━━━ Records supplied ━━━
-- ===== src/Query/Update/Values.antt =====
-- What the values of an update can do to its text.
use ormpp.Base.{List, [], ◌∷◌, ◌++◌, some, Bytes, codes, All, refl, arith}
use ormpp.Utility.Escape.{to_str}
use ormpp.Utility.Keys.{Entity, get_short_struct_name}
use ormpp.Query.Where.{to_sql}
use ormpp.Query.Where.Brackets.{
  Balanced, IsHarmless, harmless-Balanced, append-Balanced, to_str-Balanced, Filter, to_condition,
  HasPlainNames, to_condition-Balanced,
}
use ormpp.Query.Partition.{raw_sql, value}
use ormpp.Query.Delete.{build_update_sql}
use ormpp.Query.Update.{Assignment, set, set_null, append_set, set_more, update_context}

-- The column's name has no bracket and no quote, and raw SQL is balanced.
abbrev pub IsPlainSet : Assignment → Type 0
IsPlainSet (set field (raw_sql raw)) = All IsHarmless field.name × Balanced raw
IsPlainSet (set field (value v)) = All IsHarmless field.name
IsPlainSet (set_null field) = All IsHarmless field.name

assigned-Balanced :
    (sql name text : Bytes)
    → Balanced sql
    → All IsHarmless name
    → Balanced text
    → Balanced (sql ++ (name ++ text))
assigned-Balanced sql name text h k l =
    append-Balanced sql (name ++ text) h (append-Balanced name text (harmless-Balanced name k) l)

append_set-Balanced :
    (sql : Bytes) (a : Assignment) → Balanced sql → IsPlainSet a → Balanced (append_set sql a)
unfolding append_set
append_set-Balanced sql (set field (raw_sql raw)) h p =
    assigned-Balanced sql field.name (codes "=" ++ raw) h p.0
      (append-Balanced (codes "=") raw (harmless-Balanced (codes "=") (omega arith)) p.1)
append_set-Balanced sql (set field (value v)) h p =
    assigned-Balanced sql field.name (codes "=" ++ to_str v) h p (
      append-Balanced (codes "=") (to_str v) (harmless-Balanced (codes "=") (omega arith))
        (to_str-Balanced v))
append_set-Balanced sql (set_null field) h p =
    assigned-Balanced sql field.name (codes "=NULL") h p
      (harmless-Balanced (codes "=NULL") (omega arith))

set_more-Balanced :
    (sql : Bytes) (more : List Assignment)
    → Balanced sql
    → All IsPlainSet more
    → Balanced (set_more sql more)
unfolding set_more
set_more-Balanced sql [] h p = h
set_more-Balanced sql (a ∷ more) h p =
    set_more-Balanced (append_set (sql ++ codes ",") a) more
      (append_set-Balanced (sql ++ codes ",") a
        (append-Balanced sql (codes ",") h (harmless-Balanced (codes ",") (omega arith))) p.0)
      p.1

update_head-Balanced :
    (t : Entity) (clause : Bytes)
    → All IsHarmless (get_short_struct_name t)
    → Balanced clause
    → Balanced (codes "UPDATE " ++ (get_short_struct_name t ++ (codes " SET " ++ clause)))
update_head-Balanced t clause h k =
    assigned-Balanced (codes "UPDATE ") (get_short_struct_name t) (codes " SET " ++ clause)
      (harmless-Balanced (codes "UPDATE ") (omega arith)) h
      (append-Balanced (codes " SET ") clause (harmless-Balanced (codes " SET ") (omega arith)) k)

-- The brackets of an update match outside literals, and every literal in it is closed, whatever values
-- it sets and compares with, text of any bytes included: the table and the columns have plain names,
-- and raw SQL that is set is balanced itself.
build_update_sql-Balanced :
    (t : Entity) (a : Assignment) (more : List Assignment) (f : Filter)
    → All IsHarmless (get_short_struct_name t)
    → IsPlainSet a
    → All IsPlainSet more
    → HasPlainNames f
    → Balanced (build_update_sql t (update_context a more (some (to_condition f))))
unfolding build_update_sql update_context to_sql
build_update_sql-Balanced t a more f table first later plain =
    let clause : Bytes = set_more (append_set [] a) more in
    append-Balanced (codes "UPDATE " ++ (get_short_struct_name t ++ (codes " SET " ++ clause)))
      (codes " WHERE " ++ to_sql (to_condition f))
      (update_head-Balanced t clause table (
        set_more-Balanced (append_set [] a) more (append_set-Balanced [] a (λ d rest. refl) first)
          later))
      (append-Balanced (codes " WHERE ") (to_sql (to_condition f))
        (harmless-Balanced (codes " WHERE ") (omega arith)) (to_condition-Balanced f plain))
━━━
Task to carry out: Beginning at the first line of the records, retype exactly every line up to and including the one with "to_str v) h".

Exercise solution:
-- ===== src/Query/Update/Values.antt =====
-- What the values of an update can do to its text.
use ormpp.Base.{List, [], ◌∷◌, ◌++◌, some, Bytes, codes, All, refl, arith}
use ormpp.Utility.Escape.{to_str}
use ormpp.Utility.Keys.{Entity, get_short_struct_name}
use ormpp.Query.Where.{to_sql}
use ormpp.Query.Where.Brackets.{
  Balanced, IsHarmless, harmless-Balanced, append-Balanced, to_str-Balanced, Filter, to_condition,
  HasPlainNames, to_condition-Balanced,
}
use ormpp.Query.Partition.{raw_sql, value}
use ormpp.Query.Delete.{build_update_sql}
use ormpp.Query.Update.{Assignment, set, set_null, append_set, set_more, update_context}

-- The column's name has no bracket and no quote, and raw SQL is balanced.
abbrev pub IsPlainSet : Assignment → Type 0
IsPlainSet (set field (raw_sql raw)) = All IsHarmless field.name × Balanced raw
IsPlainSet (set field (value v)) = All IsHarmless field.name
IsPlainSet (set_null field) = All IsHarmless field.name

assigned-Balanced :
    (sql name text : Bytes)
    → Balanced sql
    → All IsHarmless name
    → Balanced text
    → Balanced (sql ++ (name ++ text))
assigned-Balanced sql name text h k l =
    append-Balanced sql (name ++ text) h (append-Balanced name text (harmless-Balanced name k) l)

append_set-Balanced :
    (sql : Bytes) (a : Assignment) → Balanced sql → IsPlainSet a → Balanced (append_set sql a)
unfolding append_set
append_set-Balanced sql (set field (raw_sql raw)) h p =
    assigned-Balanced sql field.name (codes "=" ++ raw) h p.0
      (append-Balanced (codes "=") raw (harmless-Balanced (codes "=") (omega arith)) p.1)
append_set-Balanced sql (set field (value v)) h p =
    assigned-Balanced sql field.name (codes "=" ++ to_str v) h p (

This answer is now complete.